Earlier on Thursday, the UAE state news agency WAM said that the Houthis had launched a ballistic missile in the same district, which resulted in the death of one child.

WAM said the strike in the recently recaptured village of al-Ghalifqa in Ad Durayhimi also wounded dozens of people, three of them seriously.

On August 9, an air attack by the Saudi-UAE coalition hit a school bus in the Houthi-controlled province of Saada, killing 51 people, including 40 children.

According to munitions experts, a US-made bomb was used in the attack on the school bus, leading to further criticism over Washington’s role in the war in Yemen – described by the United Nations as the world’s worst humanitarian crisis.

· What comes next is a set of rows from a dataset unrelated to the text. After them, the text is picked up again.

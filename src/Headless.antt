-- ===== src/Headless.antt =====
-- The headless mode of src/p2p-editor.cpp: `runHeadless`, which reads an editing script and applies it to
-- the pipeline. A text is a list of bytes. What the C++ library's `>>` does to a stream of one line is
-- defined as the standard says.
pub mod Parsing
pub mod Lines
pub mod Running
pub mod Replaying
pub mod Generated
use cs4730_collaborative_tex.Base.{
  ℕ, ◌+◌, ◌-◌, ◌*◌, ◌^◌, Bool, true, false, ◌||◌, ◌&&◌, List, [], ◌∷◌, ◌++◌, none, some, ltb, leb,
  nat_beq, if◌then◌else◌,
}
use cs4730_collaborative_tex.Base.Eq.{text_eq, ◌==◌}
use cs4730_collaborative_tex.Base.Int.{ℤ, pos, negsuc, sub_ℕ}
use cs4730_collaborative_tex.Text.{Text, codes}
use cs4730_collaborative_tex.Rga.{local_delete, document}
use cs4730_collaborative_tex.Pipeline.{Pipeline, enqueue_insert, enqueue_delete}

-- `std::isspace` in the C locale.
abbrev pub is_blank : ℕ → Bool
is_blank c = nat_beq c 0x20 || (leb 9 c && leb c 13)

abbrev pub is_digit : ℕ → Bool
is_digit c = leb 0x30 c && leb c 0x39

-- `std::ws`
unfoldable pub skip_blanks : Text → Text
skip_blanks [] = []
skip_blanks (c ∷ s) = if is_blank c then skip_blanks s else c ∷ s

-- The characters up to a blank, and what follows them.
unfoldable pub take_word : Text → Text × Text
take_word [] = ([], [])
take_word (c ∷ s) =
    let (word, rest) = take_word s in if is_blank c then ([], c ∷ s) else (c ∷ word, rest)

-- What `ss >> n` does to an `int`: nothing at the end of the stream; it sets a value and fails where
-- there is no number (0) or where it does not fit (the bound); or it sets the number.
pub data Extracted : Type 0 where
  unset : Extracted
  failed : ℤ → Extracted
  read : ℤ → Text → Extracted

-- The digits, behind some that make `n`.
unfoldable pub take_digits : ℕ → Text → ℕ × Text
take_digits n [] = (n, [])
take_digits n (c ∷ s) =
    let rest = take_digits (n * 10 + (c - 0x30)) s in if is_digit c then rest else (n, c ∷ s)

-- A number of 32 bits, from its sign and its digits.
abbrev pub in_int : Bool → ℕ × Text → Extracted
in_int false (n, rest) = if ltb n (2 ^ 31) then read (pos n) rest else failed (pos (2 ^ 31 - 1))
in_int true (n, rest) =
    if leb n (2 ^ 31) then read (sub_ℕ 0 n) rest else failed (negsuc (2 ^ 31 - 1))

-- The digits behind the sign.
unfoldable pub extract_digits : Bool → Text → Extracted
unfolding take_digits
extract_digits negative [] = failed (pos 0)
extract_digits negative (c ∷ s) =
    if is_digit c then in_int negative (take_digits 0 (c ∷ s)) else failed (pos 0)

-- `ss >> n`
unfoldable pub extract_int : Text → Extracted
unfolding skip_blanks extract_digits
extract_int s = elim (skip_blanks s) [
  | [] ↦ unset
  | c ∷ r ↦
      if nat_beq c b'-'
      then extract_digits true r
      else if nat_beq c b'+'
      then extract_digits false r
      else extract_digits false (c ∷ r)
]

-- What a line says; `garbled` is one whose variable is used without a value, which C++ leaves
-- undefined.
pub data Line : Type 0 where
  ignored garbled : Line
  insert : ℤ → ℕ → Line
  delete sleep : ℤ → Line
  dump quit : Line

-- `ss >> pos >> c`
unfoldable pub insert_line : Extracted → Line
unfolding skip_blanks
insert_line unset = garbled
insert_line (failed _) = garbled
insert_line (read at rest) = elim (skip_blanks rest) [ [] ↦ garbled | c ∷ _ ↦ insert at c ]

abbrev pub number_line : (ℤ → Line) → Extracted → Line
number_line line unset = garbled
number_line line (failed n) = line n
number_line line (read n _) = line n

abbrev pub line_of : Text → Text → Line
line_of cmd rest =
    if cmd == codes "INSERT"
    then insert_line (extract_int rest)
    else if cmd == codes "DELETE"
    then number_line delete (extract_int rest)
    else if cmd == codes "SLEEP"
    then number_line sleep (extract_int rest)
    else if cmd == codes "DUMP"
    then dump
    else if cmd == codes "QUIT"
    then quit
    else ignored

-- The body of the loop, up to what it does to the pipeline.
unfoldable pub parse_line : Text → Line
unfolding skip_blanks take_word insert_line extract_int
parse_line [] = ignored
parse_line (c ∷ s) =
    if nat_beq c b'#'
    then ignored
    else let (cmd, rest) = take_word (skip_blanks (c ∷ s)) in line_of cmd rest

push_byte : ℕ → List Text → List Text
push_byte c [] = (c ∷ []) ∷ []
push_byte c (l ∷ ls) = (c ∷ l) ∷ ls

-- The lines that `std::getline` returns.
unfoldable pub get_lines : Text → List Text
unfolding push_byte
get_lines [] = []
get_lines (c ∷ s) = if nat_beq c 0xa then [] ∷ get_lines s else push_byte c (get_lines s)

-- How a run ends, with the pipeline and what was printed; or with an exception, or undefined.
pub data Ran : Type 0 where
  ended : Pipeline → Text → Ran
  threw undefined : Ran

-- The loop over the lines, while no other thread changes the pipeline; `out` was printed before.
unfoldable pub run_lines : List Text → Pipeline → Text → Ran
unfolding parse_line
run_lines [] p out = ended p out
run_lines (line ∷ lines) p out = elim (parse_line line) [
  | ignored ↦ run_lines lines p out
  | garbled ↦ undefined
  | insert at c ↦ elim (enqueue_insert at c p) [ none ↦ threw | some p' ↦ run_lines lines p' out ]
  | delete at ↦ elim ((local_delete at p.engine).1) [
    | none ↦ threw
    | some _ ↦ run_lines lines (enqueue_delete at p) out
  ]
  | sleep _ ↦ run_lines lines p out
  | dump ↦ run_lines lines p (out ++ document p.engine.seq)
  | quit ↦ ended p out
]

-- `runHeadless` for the text of a script.
unfoldable pub run_headless : Text → Pipeline → Ran
unfolding get_lines run_lines
run_headless script p = run_lines (get_lines script) p []
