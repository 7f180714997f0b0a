-- ===== src/Script.antt =====
-- Random editing scripts: scripts/gen_convergence_script.py. Python's generator `random.Random` is an
-- interface; a float from `random()` is a multiple of 2^-53.
pub mod Replay
use cs4730_collaborative_tex.Base.{
  ℕ, zero, suc, ◌+◌, ◌-◌, ◌*◌, ◌%◌, ◌^◌, ◌≤◌, Bool, false, ◌&&◌, List, [], ◌∷◌, ◌++◌, Option, none,
  some, ltb, if◌then◌else◌,
}
use cs4730_collaborative_tex.Base.Int.{ℤ, pos, negsuc, leb_ℤ, ltb_ℤ, pos_part}
use cs4730_collaborative_tex.Text.{Text, codes}
use cs4730_collaborative_tex.Text.Decimal.{print, print_int}

-- `random.Random`: `random` gives the `k` of a float `k / 2^53`; `randint s high` is
-- `randint(0, high)`, which is documented to lie between its bounds.
pub record Rng : Type 1 where
  pub State : Type 0
  pub seeded : Option ℤ → State
  pub random : State → ℕ × State
  pub randint : State → ℕ → ℕ × State
  pub randint-le : (s : State) (high : ℕ) → (randint s high).0 ≤ high

-- The options; the probability is the fraction `prob_num / prob_den`, which `nan` and the infinities
-- are not.
pub record Options : Type 0 where
  pub ops : ℤ
  pub prob_num : ℤ
  pub prob_den : ℕ
  pub peer_id : ℤ
  pub seed : Option ℤ
  pub start_delay : ℤ
  pub batch : ℤ
  pub sleep_ms : ℤ
  pub drain_ms : ℤ

-- A line of a script.
pub data Command : Type 0 where
  sleep : ℤ → Command
  insert : ℕ → ℕ → Command
  delete : ℕ → Command
  dump quit : Command

-- The text that is printed for it.
unfoldable pub command_line : Command → Text
unfolding print print_int
command_line (sleep n) = codes "SLEEP " ++ print_int n
command_line (insert p c) = codes "INSERT " ++ (print p ++ (codes " " ++ c ∷ []))
command_line (delete p) = codes "DELETE " ++ print p
command_line dump = codes "DUMP"
command_line quit = codes "QUIT"

-- The text of the lines that `print` writes.
unfoldable pub script_text : List Command → Text
unfolding command_line
script_text [] = []
script_text (c ∷ cs) = command_line c ++ 0xa ∷ script_text cs

-- `0.0 < args.insert_prob <= 1.0`
unfoldable pub prob_in_range : Options → Bool
prob_in_range o = ltb_ℤ (pos 0) o.prob_num && leb_ℤ o.prob_num (pos o.prob_den)

-- `(peer_id * 7) % 26`, which Python takes from 0 to 25.
unfoldable pub char_offset : ℤ → ℕ
char_offset (pos n) = (n * 7) % 26
char_offset (negsuc n) = (26 - (suc n * 7) % 26) % 26

-- `chars[(i + char_offset) % 26]`, a letter from `a` to `z`.
unfoldable pub letter : ℕ → ℕ → ℕ
letter i offset = b'a' + (i + offset) % 26

module _ (rng : Rng) (o : Options) where
  open rng use {State, seeded, random, randint}

  -- The loop's variables.
  pub record Loop : Type 0 where
    pub state : State
    pub local_len : ℕ
    pub batch_count : ℕ

  -- `rng.random() > args.insert_prob`
  above_prob : ℕ → Bool
  above_prob k = ltb_ℤ (pos (pos_part o.prob_num * 2 ^ 53)) (pos (k * o.prob_den))

  -- Whether round `i` deletes: `local_len > 0 and rng.random() > insert_prob`. The generator is only
  -- asked where there is something to delete.
  pub deletes : Loop → Bool × State
  deletes l =
      if ltb 0 l.local_len
      then (above_prob (random l.state).0, (random l.state).1)
      else (false, l.state)

  -- `pos = rng.randint(0, local_len - 1)`, a deletion there.
  unfoldable pub delete_edit : Loop → State → Command × Loop
  delete_edit l s = (
    delete (randint s (l.local_len - 1)).0,
    record l {
      state = (randint s (l.local_len - 1)).1;
      local_len = l.local_len - 1;
      batch_count = l.batch_count + 1;
    },
  )

  -- `pos = rng.randint(0, local_len)`, an insertion there.
  unfoldable pub insert_edit : ℕ → Loop → State → Command × Loop
  insert_edit i l s = (
    insert (randint s l.local_len).0 (letter i (char_offset o.peer_id)),
    record l {
      state = (randint s l.local_len).1;
      local_len = l.local_len + 1;
      batch_count = l.batch_count + 1;
    },
  )

  -- The edit of round `i`.
  unfoldable pub edit : ℕ → Loop → Command × Loop
  edit i l = if (deletes l).0 then delete_edit l (deletes l).1 else insert_edit i l (deletes l).1

  -- The sleep that ends a batch, not after the last round; `left` rounds are left.
  unfoldable pub pause : ℕ → Loop → List Command × Loop
  pause left l =
      if leb_ℤ o.batch (pos l.batch_count) && ltb 0 left
      then (sleep o.sleep_ms ∷ [], record l { batch_count = 0 })
      else ([], l)

  -- `for i in range(args.ops): …`, with the rounds that are left and the next `i`.
  unfoldable pub rounds : ℕ → ℕ → Loop → List Command
  rounds zero i l = []
  rounds (suc left) i l =
      let (c, l1) = edit i l in
      let (pauses, l2) = pause left l1 in c ∷ (pauses ++ rounds left (suc i) l2)

  -- `main`: the printed lines; `none` is the exit with an error.
  unfoldable pub generate : Option (List Command)
  unfolding rounds edit delete_edit insert_edit pause deletes above_prob
  generate =
      if prob_in_range o
      then some (
          sleep o.start_delay
          ∷ (rounds (pos_part o.ops) 0
                (record { state = seeded o.seed; local_len = 0; batch_count = 0 })
              ++ sleep o.drain_ms ∷ dump ∷ quit ∷ []))
      else none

“If it’s proved again that in this instance it was a missile from the US fired by the Saudi-led coalition, that will lead to greater calls and questioning of the US’ intervention and involvement in Yemen,” said Al Jazeera’s Alan Fisher, reporting from neighbouring Djibouti.

According to the UN, at least 10,000 people have been killed in the three-year war – a death toll that has not been updated in years and is certain to be far higher.

In retaliation, the Houthis have launched dozens of missiles at the kingdom. Saudi authorities say over the past three years 90 ballistic missiles were fired by the rebels.

Multiple rounds of United Nations-brokered peace talks have failed to achieve any breakthrough.